TASK
In full and without alteration, return the records below.

Saved entries
• • • • • • •
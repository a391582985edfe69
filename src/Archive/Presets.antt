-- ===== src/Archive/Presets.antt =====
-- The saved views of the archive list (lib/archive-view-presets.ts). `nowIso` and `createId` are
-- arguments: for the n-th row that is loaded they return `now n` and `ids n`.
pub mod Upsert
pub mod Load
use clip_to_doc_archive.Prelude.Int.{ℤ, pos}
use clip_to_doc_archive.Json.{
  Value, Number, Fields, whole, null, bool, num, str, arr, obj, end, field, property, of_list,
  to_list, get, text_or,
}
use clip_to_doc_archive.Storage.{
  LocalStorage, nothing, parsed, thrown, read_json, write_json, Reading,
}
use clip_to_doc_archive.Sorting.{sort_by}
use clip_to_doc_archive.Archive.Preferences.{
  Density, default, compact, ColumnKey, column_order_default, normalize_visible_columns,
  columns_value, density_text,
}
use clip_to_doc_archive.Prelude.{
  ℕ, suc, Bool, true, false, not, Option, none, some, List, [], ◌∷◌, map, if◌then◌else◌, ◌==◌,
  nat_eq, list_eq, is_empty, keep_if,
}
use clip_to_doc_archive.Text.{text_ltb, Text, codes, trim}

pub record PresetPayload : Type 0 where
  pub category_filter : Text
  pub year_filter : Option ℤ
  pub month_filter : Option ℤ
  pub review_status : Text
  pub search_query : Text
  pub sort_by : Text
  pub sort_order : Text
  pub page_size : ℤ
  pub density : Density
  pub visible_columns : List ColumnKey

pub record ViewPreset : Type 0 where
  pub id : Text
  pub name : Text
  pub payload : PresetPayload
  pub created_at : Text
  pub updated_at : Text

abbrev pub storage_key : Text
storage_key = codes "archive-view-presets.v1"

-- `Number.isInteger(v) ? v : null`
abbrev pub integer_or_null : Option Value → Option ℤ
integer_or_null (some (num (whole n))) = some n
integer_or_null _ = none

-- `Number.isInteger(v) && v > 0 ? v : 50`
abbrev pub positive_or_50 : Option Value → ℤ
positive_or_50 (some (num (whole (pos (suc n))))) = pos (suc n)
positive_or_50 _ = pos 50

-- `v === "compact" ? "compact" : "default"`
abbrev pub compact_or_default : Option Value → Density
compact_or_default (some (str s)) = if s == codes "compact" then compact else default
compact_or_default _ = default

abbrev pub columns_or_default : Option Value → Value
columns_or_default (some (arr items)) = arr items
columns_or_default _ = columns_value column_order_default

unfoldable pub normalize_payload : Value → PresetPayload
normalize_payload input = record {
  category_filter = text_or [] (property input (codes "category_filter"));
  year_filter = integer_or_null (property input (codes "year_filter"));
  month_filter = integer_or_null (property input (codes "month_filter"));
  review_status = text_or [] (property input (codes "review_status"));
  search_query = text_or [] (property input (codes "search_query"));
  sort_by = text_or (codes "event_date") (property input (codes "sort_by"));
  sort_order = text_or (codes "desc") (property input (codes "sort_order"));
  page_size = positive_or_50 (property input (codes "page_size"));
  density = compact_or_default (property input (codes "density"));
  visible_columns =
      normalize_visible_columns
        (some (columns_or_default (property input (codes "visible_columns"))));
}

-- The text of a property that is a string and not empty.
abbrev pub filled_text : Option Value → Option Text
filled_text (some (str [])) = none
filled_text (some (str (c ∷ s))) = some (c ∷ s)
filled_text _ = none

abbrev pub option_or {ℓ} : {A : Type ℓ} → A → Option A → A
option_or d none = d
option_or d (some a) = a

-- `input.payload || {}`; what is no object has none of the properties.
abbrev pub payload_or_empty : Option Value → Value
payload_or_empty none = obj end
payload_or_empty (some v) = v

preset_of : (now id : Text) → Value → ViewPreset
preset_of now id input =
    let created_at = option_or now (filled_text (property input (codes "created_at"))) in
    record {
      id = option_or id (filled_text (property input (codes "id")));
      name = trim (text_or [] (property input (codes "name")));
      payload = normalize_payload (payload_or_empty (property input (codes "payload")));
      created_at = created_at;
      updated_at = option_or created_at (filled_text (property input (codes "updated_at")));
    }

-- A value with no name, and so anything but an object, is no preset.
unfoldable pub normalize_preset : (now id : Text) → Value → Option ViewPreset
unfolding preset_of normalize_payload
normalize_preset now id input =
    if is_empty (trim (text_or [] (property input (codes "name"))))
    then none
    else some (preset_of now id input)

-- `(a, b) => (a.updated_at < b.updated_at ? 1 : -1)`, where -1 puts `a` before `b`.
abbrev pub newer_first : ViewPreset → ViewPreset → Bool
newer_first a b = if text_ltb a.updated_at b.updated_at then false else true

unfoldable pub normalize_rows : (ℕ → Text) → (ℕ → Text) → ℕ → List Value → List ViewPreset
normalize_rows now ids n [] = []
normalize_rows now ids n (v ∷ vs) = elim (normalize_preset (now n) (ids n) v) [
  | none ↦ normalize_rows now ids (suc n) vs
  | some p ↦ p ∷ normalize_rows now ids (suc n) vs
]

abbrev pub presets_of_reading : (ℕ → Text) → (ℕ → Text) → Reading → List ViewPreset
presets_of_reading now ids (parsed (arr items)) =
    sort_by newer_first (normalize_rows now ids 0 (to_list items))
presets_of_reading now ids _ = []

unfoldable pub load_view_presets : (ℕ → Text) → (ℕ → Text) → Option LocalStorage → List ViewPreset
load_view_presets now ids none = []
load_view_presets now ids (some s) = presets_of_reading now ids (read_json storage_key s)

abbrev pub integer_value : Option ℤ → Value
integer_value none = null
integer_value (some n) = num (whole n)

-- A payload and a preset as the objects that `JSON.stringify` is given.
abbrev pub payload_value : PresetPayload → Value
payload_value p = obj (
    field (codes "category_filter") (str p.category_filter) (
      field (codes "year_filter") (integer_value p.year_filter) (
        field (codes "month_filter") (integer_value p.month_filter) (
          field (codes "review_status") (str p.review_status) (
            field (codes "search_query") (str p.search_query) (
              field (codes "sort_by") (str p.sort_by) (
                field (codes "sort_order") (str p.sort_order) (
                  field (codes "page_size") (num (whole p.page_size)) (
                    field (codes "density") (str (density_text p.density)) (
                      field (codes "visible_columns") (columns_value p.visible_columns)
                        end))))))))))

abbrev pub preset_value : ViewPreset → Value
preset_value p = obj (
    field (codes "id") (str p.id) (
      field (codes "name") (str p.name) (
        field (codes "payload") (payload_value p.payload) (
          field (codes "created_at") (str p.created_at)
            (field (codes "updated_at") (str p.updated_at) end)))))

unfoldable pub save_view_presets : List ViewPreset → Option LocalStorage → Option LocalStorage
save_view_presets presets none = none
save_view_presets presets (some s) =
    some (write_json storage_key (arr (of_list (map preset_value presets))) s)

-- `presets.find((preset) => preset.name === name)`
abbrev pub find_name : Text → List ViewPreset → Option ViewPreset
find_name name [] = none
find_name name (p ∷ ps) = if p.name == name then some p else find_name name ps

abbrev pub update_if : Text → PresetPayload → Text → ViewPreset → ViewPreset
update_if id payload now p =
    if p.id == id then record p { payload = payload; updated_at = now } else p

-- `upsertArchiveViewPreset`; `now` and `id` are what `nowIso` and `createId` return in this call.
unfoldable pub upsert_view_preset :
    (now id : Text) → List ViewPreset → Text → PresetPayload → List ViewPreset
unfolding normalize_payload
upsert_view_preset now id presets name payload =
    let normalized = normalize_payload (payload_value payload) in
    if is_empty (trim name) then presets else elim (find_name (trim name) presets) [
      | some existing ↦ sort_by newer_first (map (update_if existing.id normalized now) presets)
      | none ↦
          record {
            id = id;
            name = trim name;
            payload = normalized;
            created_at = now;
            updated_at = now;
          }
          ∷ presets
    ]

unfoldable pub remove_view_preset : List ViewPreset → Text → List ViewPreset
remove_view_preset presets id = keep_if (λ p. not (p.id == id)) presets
• • • • • • •
ANSWER SECTION
repository a391582985edfe69
filename src/Archive/Presets.antt
-- ===== src/Archive/Presets.antt =====
-- The saved views of the archive list (lib/archive-view-presets.ts). `nowIso` and `createId` are
-- arguments: for the n-th row that is loaded they return `now n` and `ids n`.
pub mod Upsert
pub mod Load
use clip_to_doc_archive.Prelude.Int.{ℤ, pos}
use clip_to_doc_archive.Json.{
  Value, Number, Fields, whole, null, bool, num, str, arr, obj, end, field, property, of_list,
  to_list, get, text_or,
}
use clip_to_doc_archive.Storage.{
  LocalStorage, nothing, parsed, thrown, read_json, write_json, Reading,
}
use clip_to_doc_archive.Sorting.{sort_by}
use clip_to_doc_archive.Archive.Preferences.{
  Density, default, compact, ColumnKey, column_order_default, normalize_visible_columns,
  columns_value, density_text,
}
use clip_to_doc_archive.Prelude.{
  ℕ, suc, Bool, true, false, not, Option, none, some, List, [], ◌∷◌, map, if◌then◌else◌, ◌==◌,
  nat_eq, list_eq, is_empty, keep_if,
}
use clip_to_doc_archive.Text.{text_ltb, Text, codes, trim}

pub record PresetPayload : Type 0 where
  pub category_filter : Text
  pub year_filter : Option ℤ
  pub month_filter : Option ℤ
  pub review_status : Text
  pub search_query : Text
  pub sort_by : Text
  pub sort_order : Text
  pub page_size : ℤ
  pub density : Density
  pub visible_columns : List ColumnKey

pub record ViewPreset : Type 0 where
  pub id : Text
  pub name : Text
  pub payload : PresetPayload
  pub created_at : Text
  pub updated_at : Text

abbrev pub storage_key : Text
storage_key = codes "archive-view-presets.v1"

-- `Number.isInteger(v) ? v : null`
abbrev pub integer_or_null : Option Value → Option ℤ
integer_or_null (some (num (whole n))) = some n
integer_or_null _ = none

-- `Number.isInteger(v) && v > 0 ? v : 50`
abbrev pub positive_or_50 : Option Value → ℤ
positive_or_50 (some (num (whole (pos (suc n))))) = pos (suc n)
positive_or_50 _ = pos 50

-- `v === "compact" ? "compact" : "default"`
abbrev pub compact_or_default : Option Value → Density
compact_or_default (some (str s)) = if s == codes "compact" then compact else default
compact_or_default _ = default

abbrev pub columns_or_default : Option Value → Value
columns_or_default (some (arr items)) = arr items
columns_or_default _ = columns_value column_order_default

unfoldable pub normalize_payload : Value → PresetPayload
normalize_payload input = record {
  category_filter = text_or [] (property input (codes "category_filter"));
  year_filter = integer_or_null (property input (codes "year_filter"));
  month_filter = integer_or_null (property input (codes "month_filter"));
  review_status = text_or [] (property input (codes "review_status"));
  search_query = text_or [] (property input (codes "search_query"));
  sort_by = text_or (codes "event_date") (property input (codes "sort_by"));
  sort_order = text_or (codes "desc") (property input (codes "sort_order"));
  page_size = positive_or_50 (property input (codes "page_size"));
  density = compact_or_default (property input (codes "density"));
  visible_columns =
      normalize_visible_columns
        (some (columns_or_default (property input (codes "visible_columns"))));
}

-- The text of a property that is a string and not empty.
abbrev pub filled_text : Option Value → Option Text
filled_text (some (str [])) = none
filled_text (some (str (c ∷ s))) = some (c ∷ s)
filled_text _ = none

abbrev pub option_or {ℓ} : {A : Type ℓ} → A → Option A → A
option_or d none = d
option_or d (some a) = a

-- `input.payload || {}`; what is no object has none of the properties.
abbrev pub payload_or_empty : Option Value → Value
payload_or_empty none = obj end
payload_or_empty (some v) = v

preset_of : (now id : Text) → Value → ViewPreset
preset_of now id input =
    let created_at = option_or now (filled_text (property input (codes "created_at"))) in
    record {
      id = option_or id (filled_text (property input (codes "id")));
      name = trim (text_or [] (property input (codes "name")));
      payload = normalize_payload (payload_or_empty (property input (codes "payload")));
      created_at = created_at;
      updated_at = option_or created_at (filled_text (property input (codes "updated_at")));
    }

-- A value with no name, and so anything but an object, is no preset.
unfoldable pub normalize_preset : (now id : Text) → Value → Option ViewPreset
unfolding preset_of normalize_payload
normalize_preset now id input =
    if is_empty (trim (text_or [] (property input (codes "name"))))
    then none
    else some (preset_of now id input)

-- `(a, b) => (a.updated_at < b.updated_at ? 1 : -1)`, where -1 puts `a` before `b`.
abbrev pub newer_first : ViewPreset → ViewPreset → Bool
newer_first a b = if text_ltb a.updated_at b.updated_at then false else true

unfoldable pub normalize_rows : (ℕ → Text) → (ℕ → Text) → ℕ → List Value → List ViewPreset
normalize_rows now ids n [] = []
normalize_rows now ids n (v ∷ vs) = elim (normalize_preset (now n) (ids n) v) [
  | none ↦ normalize_rows now ids (suc n) vs
  | some p ↦ p ∷ normalize_rows now ids (suc n) vs
]

abbrev pub presets_of_reading : (ℕ → Text) → (ℕ → Text) → Reading → List ViewPreset
presets_of_reading now ids (parsed (arr items)) =
    sort_by newer_first (normalize_rows now ids 0 (to_list items))
presets_of_reading now ids _ = []

unfoldable pub load_view_presets : (ℕ → Text) → (ℕ → Text) → Option LocalStorage → List ViewPreset
load_view_presets now ids none = []
load_view_presets now ids (some s) = presets_of_reading now ids (read_json storage_key s)

abbrev pub integer_value : Option ℤ → Value
integer_value none = null
integer_value (some n) = num (whole n)

-- A payload and a preset as the objects that `JSON.stringify` is given.
abbrev pub payload_value : PresetPayload → Value
payload_value p = obj (
    field (codes "category_filter") (str p.category_filter) (
      field (codes "year_filter") (integer_value p.year_filter) (
        field (codes "month_filter") (integer_value p.month_filter) (
          field (codes "review_status") (str p.review_status) (
            field (codes "search_query") (str p.search_query) (
              field (codes "sort_by") (str p.sort_by) (
                field (codes "sort_order") (str p.sort_order) (
                  field (codes "page_size") (num (whole p.page_size)) (
                    field (codes "density") (str (density_text p.density)) (
                      field (codes "visible_columns") (columns_value p.visible_columns)
                        end))))))))))

abbrev pub preset_value : ViewPreset → Value
preset_value p = obj (
    field (codes "id") (str p.id) (
      field (codes "name") (str p.name) (
        field (codes "payload") (payload_value p.payload) (
          field (codes "created_at") (str p.created_at)
            (field (codes "updated_at") (str p.updated_at) end)))))

unfoldable pub save_view_presets : List ViewPreset → Option LocalStorage → Option LocalStorage
save_view_presets presets none = none
save_view_presets presets (some s) =
    some (write_json storage_key (arr (of_list (map preset_value presets))) s)

-- `presets.find((preset) => preset.name === name)`
abbrev pub find_name : Text → List ViewPreset → Option ViewPreset
find_name name [] = none
find_name name (p ∷ ps) = if p.name == name then some p else find_name name ps

abbrev pub update_if : Text → PresetPayload → Text → ViewPreset → ViewPreset
update_if id payload now p =
    if p.id == id then record p { payload = payload; updated_at = now } else p

-- `upsertArchiveViewPreset`; `now` and `id` are what `nowIso` and `createId` return in this call.
unfoldable pub upsert_view_preset :
    (now id : Text) → List ViewPreset → Text → PresetPayload → List ViewPreset
unfolding normalize_payload
upsert_view_preset now id presets name payload =
    let normalized = normalize_payload (payload_value payload) in
    if is_empty (trim name) then presets else elim (find_name (trim name) presets) [
      | some existing ↦ sort_by newer_first (map (update_if existing.id normalized now) presets)
      | none ↦
          record {
            id = id;
            name = trim name;
            payload = normalized;
            created_at = now;
            updated_at = now;
          }
          ∷ presets
    ]

unfoldable pub remove_view_preset : List ViewPreset → Text → List ViewPreset
remove_view_preset presets id = keep_if (λ p. not (p.id == id)) presets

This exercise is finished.